9 in 10 ICS pros losing sleep over cyberattack shutdowns

The damage posed by industrial cyberattacks can be disastrous, yet many organizations aren’t prepared
9 October 2019

Automatic filling machine pours water into plastic PET bottles. Source: Shutterstock

When Industrial Control Systems (ICS) go down, depending on the organization and industry, the impact can pose a severe hit on production schedules, the environment, city services— you name it; results could likely be varying degrees of catastrophic. 

It’s no surprise then, that a survey of 263 ICS professionals by cybersecurity firm Tripwire found that more than nine in 10 (93 percent) were concerned about operations being struck down by cyberattacks. 

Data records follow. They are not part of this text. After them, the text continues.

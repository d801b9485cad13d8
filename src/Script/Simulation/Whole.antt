-- ===== src/Script/Simulation/Whole.antt =====
-- get_wallet_internal_script_hash (src/handler/lib/policy.c) for whole policies.
use ledger_app_syscoin.Base.{
  ℕ, suc, ◌+◌, ◌%◌, ◌^◌, ◌≤◌, ◌≡◌, refl, ap, sym, ◌∙◌, Bool, true, false, Bool-cases, inl, inr, ltb,
  leb, Option, none, some, ◌>>=◌, List, [], ◌∷◌, ◌++◌, length, arith, Option-cases,
}
use mathlib.Core.List.{append_assoc, append-nil}
use mathlib.Core.Path.{subst}
use native.Mathlib.Nat.{add-zero}
use ledger_app_syscoin.Policy.{
  PolicyNode, constant, with_script, with_script2, andor, with_key, with_uint32, multisig, thresh,
  with_hash, tr, token_pk, token_pkh, token_wpkh, token_pk_k, token_pk_h, Scriptlist, nil, cons,
  size,
}
use ledger_app_syscoin.Client.{Exchange}
use ledger_app_syscoin.Script.{Services, Command, op, op_v, push_pk, push_pkh}
use ledger_app_syscoin.Script.Commands.{
  InternalScriptType, is_whitelisted, script_commands, constant_commands, lock_commands,
  hash_commands, script2_commands, commands_andor,
}
use ledger_app_syscoin.Script.Machine.{
  NodeState, ParserState, continue, pop_to, step, process_step, process_generic_node,
  process_thresh_node, scripts_of, emit_and_pop, emit_to, state_stack_pop, script_at,
  thresh_separator, thresh_end, next_step, update_output, state_stack_push,
  get_wallet_internal_script_hash,
}
use ledger_app_syscoin.Script.Counter.{
  FewScripts, AllFewScripts, constant_commands-few, lock_commands-few, hash_commands-few,
  script2_commands-few, script_commands-few,
}
use ledger_app_syscoin.Script.Emit.{
  Emitter, joined, checked, emit_commands, emit_node, emit_scriptlist, emit,
}
use ledger_app_syscoin.Script.Simulation.{
  node_at, state_at, after, Runs, failed, done, next, Runs-loop, after-joined, Simulates,
}
use ledger_app_syscoin.Script.Simulation.Generic.{SimulatesAll, commands_from, child_pushed}

-- The scripts of a thresh node that are left at a step.
data Suffix (all : Scriptlist) : ℕ → Scriptlist → Type 0 where
  whole : Suffix all 0 all
  rest :
      {i : ℕ} {x : PolicyNode} {xs : Scriptlist} → Suffix all i (cons x xs) → Suffix all (suc i) xs

Suffix-at :
    {all xs : Scriptlist} {i : ℕ} (j : ℕ) → Suffix all i xs → script_at all (i + j) ≡ script_at xs j
unfolding script_at
Suffix-at {all} j whole = ap (script_at all) (omega arith)
Suffix-at {all} j (rest {i} s) = ap (script_at all) (omega arith) ∙ Suffix-at (suc j) s

Suffix-head :
    {all xs : Scriptlist} {x : PolicyNode} {i : ℕ}
    → Suffix all i (cons x xs)
    → script_at all i ≡ some x
unfolding script_at
Suffix-head {all} s = ap (script_at all) (omega arith) ∙ Suffix-at 0 s

Suffix-size : {all xs : Scriptlist} {i : ℕ} → Suffix all i xs → size all ≡ i + size xs
Suffix-size whole = omega arith
Suffix-size (rest s) = omega (arith, Suffix-size s)

joined_assoc :
    (m : Option (List ℕ × Exchange)) (f g : Exchange → Option (List ℕ × Exchange))
    → joined (joined m f) g ≡ joined m (λ exchange. joined (f exchange) g)
unfolding joined
joined_assoc none f g = refl
joined_assoc (some (a, exchange)) f g = middle (f exchange)
  where
    last :
        (b : List ℕ) (m : Option (List ℕ × Exchange))
        → ◌>>=◌ {B = List ℕ × Exchange} m (λ (c, exchange'). some ((a ++ b) ++ c, exchange')) ≡ (
            ◌>>=◌ {B = List ℕ × Exchange} m (λ (c, exchange'). some (b ++ c, exchange'))
            >>= λ (c, exchange'). some (a ++ c, exchange'))
    last b none = refl
    last b (some (c, exchange')) = rw (append_assoc a b c) refl

    middle :
        (m : Option (List ℕ × Exchange))
        → joined (m >>= λ (b, exchange'). some (a ++ b, exchange')) g
          ≡ (joined m g >>= λ (b, exchange'). some (a ++ b, exchange'))
    middle none = refl
    middle (some (b, exchange')) = last b (g exchange')

emit_and_pop-after :
    (p : PolicyNode) (flags : Bool) (n i : ℕ) (below : List NodeState) (output : List ℕ)
    (exchange : Exchange) (m : Option (List ℕ × Exchange))
    → emit_and_pop m (state_at (node_at p flags n i) below output exchange) ≡ after m n below output
unfolding emit_and_pop emit_to state_stack_pop
emit_and_pop-after p flags n i below output exchange none = refl
emit_and_pop-after p flags n i below output exchange (some (bytes, exchange')) =
    ap (λ k. some (pop_to k below (output ++ bytes) exchange')) (omega arith)

suc_lem : (i : ℕ) → suc i ≡ i + 1
suc_lem i = omega arith

update_output_lem :
    (p : PolicyNode) (flags : Bool) (n i : ℕ) (below : List NodeState) (output : List ℕ)
    (exchange : Exchange) (bytes : List ℕ)
    → update_output bytes (state_at (node_at p flags n i) below output exchange)
      ≡ state_at (node_at p flags (n + length bytes) i) below (output ++ bytes) exchange
update_output_lem p flags n i below output exchange bytes =
    ap
      (λ k.
        state_at (record { policy_node = p; length = k; step = i % 2 ^ 8; flags = flags }) below
          (output ++ bytes) exchange)
      (omega arith)
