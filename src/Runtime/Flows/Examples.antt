-- ===== src/Runtime/Flows/Examples.antt =====
-- Requests to a runtime, and an adapter fault.
use ros2_agent_workflow.Common.{◌≢◌, ◌≡◌, refl, ◌⊎◌, true, false, List, [], ◌∷◌, none, some, err}
use ros2_agent_workflow.Common.Value.{absent}
use ros2_agent_workflow.Profile.{simulation, hardware}
use ros2_agent_workflow.Safety.{running, estopped, armed, discovered, successful}
use ros2_agent_workflow.Challenge.{answered}
use ros2_agent_workflow.Gateway.{Gateway, init, successful_stop}
use ros2_agent_workflow.Gateway.Burst.{returned, stop_repeatedly}
use ros2_agent_workflow.Gateway.Actions.Action.{commits_estop}
use ros2_agent_workflow.Gateway.Actions.Examples.{robot, graph, moving}
use ros2_agent_workflow.Runtime.Errors.{Raised, audit_integrity_compromised, CallResult}
use ros2_agent_workflow.Runtime.Ledger.{Ledger, empty}
use ros2_agent_workflow.Runtime.Ledger.Actions.{Action, gateway_acts}
use ros2_agent_workflow.Runtime.Flows.{
  World, Turn, Runtime, AdapterStatus, TaskProfile, other_adapter,
}
use ros2_agent_workflow.Runtime.Flows.Append.{latch_adapter_fault}
use ros2_agent_workflow.Runtime.Flows.Keeps.{Passive}
use ros2_agent_workflow.Runtime.Flows.Latches.{latch_adapter_fault_latches}
use ros2_agent_workflow.Runtime.Flows.Requests.{Answers, unavailable, validate_profile, arm_robot}
use ros2_agent_workflow.Runtime.Flows.Requests.Bound.{NotValidated, validate_profile_needs_stop}
use ros2_agent_workflow.Runtime.Flows.Tasks.{run_task, cancel_task}
use ros2_agent_workflow.Runtime.Flows.Stops.{emergency_stop, task_status, observe}
use ros2_agent_workflow.Runtime.Flows.Stops.Latches.{emergency_stop_latches}
use ros2_agent_workflow.Runtime.Flows.Close.{CloseAnswers, stop_runtime}
use ros2_agent_workflow.Runtime.Flows.Close.Halts.{stop_runtime_halts}
use ros2_agent_workflow.Runtime.Flows.Unavailable.{Refused, after_failure, audit_failure_refuses}

abbrev pub turn_with : List Action → Turn
turn_with others = record {
  others = others;
  replies = λ _. returned successful_stop;
  clock = 40;
  drain = [];
  gives_up = false;
}

-- Another thread stops the robot before each access.
abbrev pub stopping : World
stopping = record {
  encoded_size = λ _. 100;
  session = "5f1c";
  turns = λ _. turn_with (gateway_acts (commits_estop successful_stop) ∷ []);
}

abbrev pub stopping-Passive : Passive stopping
stopping-Passive n = (refl, refl)

abbrev pub quiet : World
quiet = record { encoded_size = λ _. 100; session = "5f1c"; turns = λ _. turn_with [] }

abbrev pub quiet-Passive : Passive quiet
quiet-Passive n = (refl, refl)

abbrev pub fetch : TaskProfile
fetch = record {
  name = "fetch";
  robot_profile = "amr";
  required_sensors = [];
  evidence_sources = [];
  stages = 30 ∷ [];
}

abbrev pub runtime_of : Gateway → Ledger → Runtime
runtime_of g l = record {
  system = record { gateway = g; ledger = l; log = []; has_torn = false };
  turn = 0;
  adapter = other_adapter;
  task = some fetch;
  stage_index = 0;
  stage_deadline = some 90;
  observed_gateway_state = running;
  last_status = none;
  terminal_evidence = [];
  terminal_evidence_frozen = false;
  physical_estop_bound = false;
  hardware_safety_verified = false;
  cancel_requested = false;
  task_cleanup_started = false;
  cleanup_start_failed = false;
  monitor_stop = false;
  quarantine_file = false;
}

abbrev pub ready : Runtime
ready =
    runtime_of (record (init (robot simulation) true) { state = armed; report = some graph }) empty

abbrev pub moving_runtime : Runtime
moving_runtime = runtime_of (moving simulation) empty

-- A robot that moves, with its state written out.
abbrev pub moving_on : Runtime
moving_on =
    runtime_of
      (record (init (robot simulation) true) {
        state = running;
        report = some graph;
        last_heartbeat = some 20;
      })
      empty

abbrev pub idle_status : AdapterStatus
idle_status = record {
  state = "running";
  code = none;
  elapsed = absent;
  stage_index = absent;
  stage_results = none;
}

-- The issuer gives no permit.
abbrev pub refusing : Answers
refusing = record {
  validated_by = CallResult.returned tt;
  runtime_safety = CallResult.returned tt;
  permit = some "UNSAFE_STATE";
  started = CallResult.returned idle_status;
  permit_is_current = true;
  permit_stays_current = true;
  cleanup_starts = true;
  monitor_starts = true;
  cancelled = CallResult.returned idle_status;
}

latch_adapter_fault_latches_example :
    (latch_adapter_fault quiet moving_runtime).0.system.gateway.state ≡ estopped
latch_adapter_fault_latches_example = latch_adapter_fault_latches quiet moving_runtime quiet-Passive

emergency_stop_latches_example :
    let o = emergency_stop stopping moving_runtime in
    (o.0.system.gateway.state ≡ estopped)
    × (((e : Raised) × (o.1 ≡ err e))
        ⊎ (successful (stop_repeatedly (λ _. returned successful_stop)) ≡ true))
unfolding unavailable empty
emergency_stop_latches_example =
    emergency_stop_latches stopping moving_runtime stopping-Passive refl

audit_failure_refuses_example :
    let rt =
      after_failure stopping moving_runtime (gateway_acts (commits_estop successful_stop) ∷ []) in
    let code = audit_integrity_compromised in
    Refused rt code (validate_profile stopping refusing "amr" rt)
    × Refused rt code (arm_robot stopping refusing "amr" (answered true) false rt)
    × Refused rt code (run_task stopping refusing (some fetch) false rt)
    × Refused rt code (cancel_task stopping refusing rt)
    × Refused rt code (emergency_stop stopping rt)
    × Refused rt code (task_status stopping rt)
    × Refused rt code (observe stopping "odom" CallResult.raised rt)
audit_failure_refuses_example =
    audit_failure_refuses stopping moving_runtime
      (gateway_acts (commits_estop successful_stop) ∷ []) refusing "amr" (answered true) false
      (some fetch) "odom" CallResult.raised

abbrev hardware_runtime : Runtime
hardware_runtime =
    runtime_of (record (init (robot hardware) true) { state = discovered; report = some graph })
      empty

validate_profile_needs_stop_example :
    NotValidated 0 (validate_profile stopping refusing "amr" hardware_runtime)
unfolding init
validate_profile_needs_stop_example =
    validate_profile_needs_stop stopping refusing "amr" hardware_runtime (λ n. (refl, refl)) refl
      refl (λ e. cc) tt

-- The adapter and the threads fail to close.
abbrev stuck : CloseAnswers
stuck = record {
  cleanup_starts = false;
  watchdog_joins = true;
  threads_join = false;
  worker_closes = true;
  adapter_closes = CallResult.raised;
  owner_closes = none;
}

stop_runtime_halts_example : (stop_runtime quiet stuck moving_on).0.system.gateway.state ≢ running
stop_runtime_halts_example = stop_runtime_halts quiet stuck moving_on quiet-Passive
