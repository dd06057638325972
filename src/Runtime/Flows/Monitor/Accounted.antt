-- ===== src/Runtime/Flows/Monitor/Accounted.antt =====
-- How the `try` block of a poll raises (agent_ros/runtime/controller.py).
use ros2_agent_workflow.Common.{
  ℕ, suc, ◌≡◌, ◌⊎◌, inl, inr, ◌&&◌, true, false, Option, none, some, Result, ok, err, Bool-cases,
  same_text, contains,
}
use ros2_agent_workflow.Safety.{SafetyState, running, same_state}
use ros2_agent_workflow.Audit.Schema.{AuditOperation, AuditOutcome}
use ros2_agent_workflow.Gateway.{Gateway, SafetyTransition}
use ros2_agent_workflow.Runtime.Budget.{BudgetError}
use ros2_agent_workflow.Runtime.Errors.{
  Raised, runtime_raised, adapter_raised, safety_raised, other_raised, audit_integrity_compromised,
  CallResult, returned, adapter_error, raised,
}
use ros2_agent_workflow.Runtime.Flows.{
  World, Runtime, AdapterStatus, TaskProfile, interfere, state, raise, gateway_cancel,
  gateway_heartbeat,
}
use ros2_agent_workflow.Runtime.Flows.Append.{
  append_transition, observe_and_stop, latch_adapter_fault,
}
use ros2_agent_workflow.Runtime.Flows.Keeps.{
  passive_act, passive_act-Own, Passive, Keeps, bound-kept, >>=-Keeps, append-Keeps, observe-Keeps,
}
use ros2_agent_workflow.Runtime.Flows.Latches.{Halted, Halted-Stable}
use ros2_agent_workflow.Runtime.Flows.Ends.{
  Ends, bound-Ends, Ends-weaken, Ends-Halted, Audit, append-Audit, latch-Halted,
  gateway_cancel-Halted, BeatEnd, gateway_heartbeat-Ends,
}
use ros2_agent_workflow.Runtime.Flows.Monitor.{
  PollAnswers, latch_and_raise, freeze_or_latch, append_cancel, cancel_and_append, clean_and_cancel,
  finish_succeeded_task, append_heartbeat, heartbeat_and_append, heartbeat_in, heartbeat_if_running,
  issue_stage, stage_goes_on, start_stage, read_status, require_permit, next_stage, next_or_finish,
  succeed, follow_in, follow_status, exceeded, check_budget, poll_body, is_hospital_case, stage_at,
  failures, budget_error,
}
use ros2_agent_workflow.Runtime.Flows.Terminal.{
  called, start_task_cleanup, freeze_terminal_evidence, permitted, current_in,
}

-- An error that the `except` clauses handle, or that of the audit.
abbrev pub Handled : Raised → Type 0
Handled (runtime_raised code) = code ≡ audit_integrity_compromised
Handled _ = Unit {0}

abbrev pub Accounted : Raised → Runtime → Type 0
Accounted e rt = Halted rt.system.gateway ⊎ Handled e

Audit-Accounted : (e : Raised) (rt : Runtime) → Audit e rt → Accounted e rt
Audit-Accounted (runtime_raised code) rt h = inr cc
Audit-Accounted (adapter_raised code) rt h = inr tt
Audit-Accounted (safety_raised e) rt h = inr tt
Audit-Accounted other_raised rt h = inr tt

beat-Accounted : (e : Raised) (rt : Runtime) → BeatEnd e rt → Accounted e rt
beat-Accounted e rt (inl h) = inl h
beat-Accounted e rt (inr h) = rw (h) (inr tt)

called-Accounted : {A : Type 0} (c : CallResult A) (rt : Runtime) → Ends Accounted (called c rt)
called-Accounted (returned x) rt = tt
called-Accounted (adapter_error code) rt = inr tt
called-Accounted raised rt = inr tt

not_running : (g : Gateway) → same_state g.state running ≡ false → Halted g
not_running g h e = let r : same_state running running ≡ false = rw (e) at h in cc

module _ (w : World) (a : PollAnswers) (q : Passive w) where
  halted-Accounted :
      {A : Type 0} (o : Runtime × Result Raised A) → Halted o.0.system.gateway → Ends Accounted o
  halted-Accounted o h = Ends-Halted Accounted o (λ e rt k. inl k) h

  pub latch_and_raise-Halted :
      (A : Type 0) (e : Raised) (rt : Runtime)
      → Halted (latch_and_raise w a {A = A} e rt).0.system.gateway
  unfolding latch_and_raise
  latch_and_raise-Halted A e rt =
      bound-kept passive_act passive_act-Own Halted Halted-Stable (latch_adapter_fault w rt)
        (λ _. raise {A = A} e) (latch-Halted w rt q) (λ _ rt' h. h)

  append_cancel-Keeps :
      (t : SafetyTransition)
      → Keeps passive_act passive_act-Own Halted Halted-Stable (append_cancel w a t)
  unfolding append_cancel
  append_cancel-Keeps t =
      >>=-Keeps passive_act passive_act-Own Halted Halted-Stable
        (append_transition w AuditOperation.cancel t none AuditOutcome.ok) (λ _. observe_and_stop w)
        (append-Keeps passive_act passive_act-Own Halted Halted-Stable w AuditOperation.cancel t
          none AuditOutcome.ok q)
        (λ _. observe-Keeps passive_act passive_act-Own Halted Halted-Stable w q)

  cancel_and_append-Halted : (rt : Runtime) → Halted (cancel_and_append w a rt).0.system.gateway
  unfolding cancel_and_append
  cancel_and_append-Halted rt =
      bound-kept passive_act passive_act-Own Halted Halted-Stable (gateway_cancel w rt)
        (append_cancel w a) (gateway_cancel-Halted w rt q) append_cancel-Keeps

  heartbeat_and_append-Accounted : (rt : Runtime) → Ends Accounted (heartbeat_and_append w a rt)
  unfolding heartbeat_and_append append_heartbeat
  heartbeat_and_append-Accounted rt =
      bound-Ends Accounted (gateway_heartbeat w rt) (append_heartbeat w a)
        (Ends-weaken BeatEnd Accounted (gateway_heartbeat w rt) beat-Accounted
          (gateway_heartbeat-Ends w rt))
        (λ t rt'.
          Ends-weaken Audit Accounted (append_heartbeat w a t rt') Audit-Accounted
            (append-Audit w AuditOperation.heartbeat t none AuditOutcome.ok rt'))

  heartbeat_in-Accounted : (s : SafetyState) (rt : Runtime) → Ends Accounted (heartbeat_in w a s rt)
  unfolding heartbeat_in
  heartbeat_in-Accounted s rt = elim (Bool-cases (same_state s running)) [
    | inl e ↦ rw (e) (heartbeat_and_append-Accounted rt)
    | inr e ↦ rw (e) tt
  ]

  heartbeat_if_running-Accounted : (rt : Runtime) → Ends Accounted (heartbeat_if_running w a rt)
  unfolding heartbeat_if_running state
  heartbeat_if_running-Accounted rt = heartbeat_in-Accounted _ (interfere w rt)

  freeze_or_latch-Accounted :
      (o : Runtime × Result Raised (Unit {0})) → Ends Accounted (freeze_or_latch w a o)
  unfolding freeze_or_latch start_task_cleanup
  freeze_or_latch-Accounted (rt, ok u) = tt
  freeze_or_latch-Accounted (rt, err (adapter_raised code)) = inr tt
  freeze_or_latch-Accounted (rt, err (safety_raised e)) = inr tt
  freeze_or_latch-Accounted (rt, err other_raised) = inr tt
  freeze_or_latch-Accounted (rt, err (runtime_raised code)) =
      halted-Accounted (freeze_or_latch w a (rt, err (runtime_raised code))) (
        bound-kept passive_act passive_act-Own Halted Halted-Stable (latch_adapter_fault w rt) _
          (latch-Halted w rt q) (λ _ rt' h. h))

  finish-Accounted : (rt : Runtime) → Ends Accounted (finish_succeeded_task w a rt)
  unfolding finish_succeeded_task clean_and_cancel start_task_cleanup
  finish-Accounted rt =
      bound-Ends Accounted (freeze_or_latch w a (freeze_terminal_evidence a.frozen rt))
        (λ _. clean_and_cancel w a)
        (freeze_or_latch-Accounted (freeze_terminal_evidence a.frozen rt))
        (λ _ rt'. halted-Accounted (clean_and_cancel w a rt') (cancel_and_append-Halted _))

  module _ (p : a.permit ≡ none) (c : a.permit_is_current ≡ true) where
    issue_stage-Accounted : (rt : Runtime) → Ends Accounted (issue_stage w a rt)
    unfolding issue_stage permitted
    issue_stage-Accounted rt = rw (p) tt

    require_permit-Accounted : (rt : Runtime) → Ends Accounted (require_permit w a rt)
    unfolding require_permit current_in state start_task_cleanup
    require_permit-Accounted rt =
        let g = (interfere w rt).system.gateway in
        elim (Bool-cases (same_state g.state running)) [
          | inl e ↦ rw (c, e) tt
          | inr e ↦ rw (c, e) (inl (not_running g e))
        ]

    start_stage-Accounted :
        (stage_timeout : ℕ) (rt : Runtime) → Ends Accounted (start_stage w a stage_timeout rt)
    unfolding start_stage stage_goes_on
    start_stage-Accounted stage_timeout rt =
        bound-Ends Accounted (called a.started rt) _ (called-Accounted a.started rt) (λ _ rt'.
          bound-Ends Accounted (require_permit w a rt') (λ _. stage_goes_on w a stage_timeout)
            (require_permit-Accounted rt') (λ _ rt''. heartbeat_if_running-Accounted _))

    next_stage-Accounted :
        (stage_timeout : ℕ) (rt : Runtime) → Ends Accounted (next_stage w a stage_timeout rt)
    unfolding next_stage
    next_stage-Accounted stage_timeout rt =
        bound-Ends Accounted (issue_stage w a _) (λ _. start_stage w a stage_timeout)
          (issue_stage-Accounted _) (λ _. start_stage-Accounted stage_timeout)

    next_or_finish-Accounted :
        (o : Option ℕ) (rt : Runtime) → Ends Accounted (next_or_finish w a o rt)
    unfolding next_or_finish
    next_or_finish-Accounted none rt = finish-Accounted rt
    next_or_finish-Accounted (some stage_timeout) rt = next_stage-Accounted stage_timeout rt

    succeed-Accounted :
        (task : Option TaskProfile) (rt : Runtime) → Ends Accounted (succeed w a task rt)
    unfolding succeed
    succeed-Accounted none rt = heartbeat_if_running-Accounted rt
    succeed-Accounted (some task) rt = elim (Bool-cases (is_hospital_case rt.adapter)) [
      | inl e ↦ rw (e) (finish-Accounted rt)
      | inr e ↦ rw (e) (next_or_finish-Accounted (stage_at (suc rt.stage_index) task.stages) rt)
    ]

    follow_in-Accounted :
        (s : AdapterStatus) (g : SafetyState) (rt : Runtime)
        → Ends Accounted (follow_in w a s g rt rt)
    unfolding follow_in
    follow_in-Accounted s g rt = elim (Bool-cases (same_state g running)) [
      | inr e ↦ rw (e) tt
      | inl e ↦ elim (Bool-cases (same_text s.state "cancelled" && rt.cancel_requested)) [
        | inl f ↦
            rw (e, f) (halted-Accounted (cancel_and_append w a rt) (cancel_and_append-Halted rt))
        | inr f ↦ elim (Bool-cases (contains s.state failures)) [
          | inl k ↦
              rw (e, f, k)
                (halted-Accounted (latch_and_raise w a _ rt) (latch_and_raise-Halted _ _ rt))
          | inr k ↦ elim (Bool-cases (same_text s.state "succeeded")) [
            | inl l ↦ rw (e, f, k, l) (succeed-Accounted rt.task rt)
            | inr l ↦ rw (e, f, k, l) (heartbeat_if_running-Accounted rt)
          ]
        ]
      ]
    ]

    exceeded-Accounted :
        (o : Option BudgetError) (rt : Runtime) → Ends Accounted (exceeded w a o rt)
    unfolding exceeded
    exceeded-Accounted none rt = tt
    exceeded-Accounted (some e) rt =
        halted-Accounted (exceeded w a (some e) rt) (latch_and_raise-Halted _ _ rt)

    check_budget-Accounted :
        (s : AdapterStatus) (rt : Runtime) → Ends Accounted (check_budget w a s rt)
    unfolding check_budget
    check_budget-Accounted s rt = elim (Bool-cases (is_hospital_case rt.adapter)) [
      | inl e ↦ rw (e) (exceeded-Accounted (budget_error rt.task s) rt)
      | inr e ↦ rw (e) tt
    ]

    read_status-Accounted :
        (s : AdapterStatus) (rt : Runtime) → Ends Accounted (read_status w a s rt)
    unfolding read_status follow_status state
    read_status-Accounted s rt =
        bound-Ends Accounted (check_budget w a s _) _ (check_budget-Accounted s _) (λ _ rt'.
          bound-Ends Accounted (follow_status w a s rt') _
            (follow_in-Accounted s _ (interfere w rt')) (λ _ rt''. tt))

    pub poll_body-Accounted : (rt : Runtime) → Ends Accounted (poll_body w a rt)
    unfolding poll_body
    poll_body-Accounted rt =
        bound-Ends Accounted (called a.status rt) (read_status w a) (called-Accounted a.status rt)
          read_status-Accounted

Respondents came from organizations operating in energy, manufacturing, chemical, dam, nuclear, water, food, automotive and transportation. These sectors have all become digitalized and “connected”, with IIoT enhancing and bringing efficiencies to control and analytics, but those advances at the same time widen the attack surface. 

Kristen Poulos, Vice President and General Manager of Industrial Cybersecurity at Tripwire said, “In these environments, where virtual and physical converge, cyber events can interfere with an operator’s ability to view, monitor or control their processes. 

“Investing in industrial cybersecurity should be a priority in protecting operations from disruption.”

More than three-quarters (77 percent) of those asked said their companies had indeed made cybersecurity investments over the past two years, but 50 percent still feel that current investments are not enough. The majority of the latter (68 percent), said it would take a “significant attack” for their organization to invest more. 

The chances of detecting a cyberattack, and recovery, is bleak, meanwhile, with only 52 percent of organizations tracking more than 70 percent of their assets in an inventory. 

Almost one third (31 percent) don’t have a baseline or normal behavior for their operational technology (OT) devices and networks, and 39 percent do not have a centralized log management solution for their OT devices.

A worrying track record

There has been no shortage of stark examples of the dangers of OT systems coming under attack.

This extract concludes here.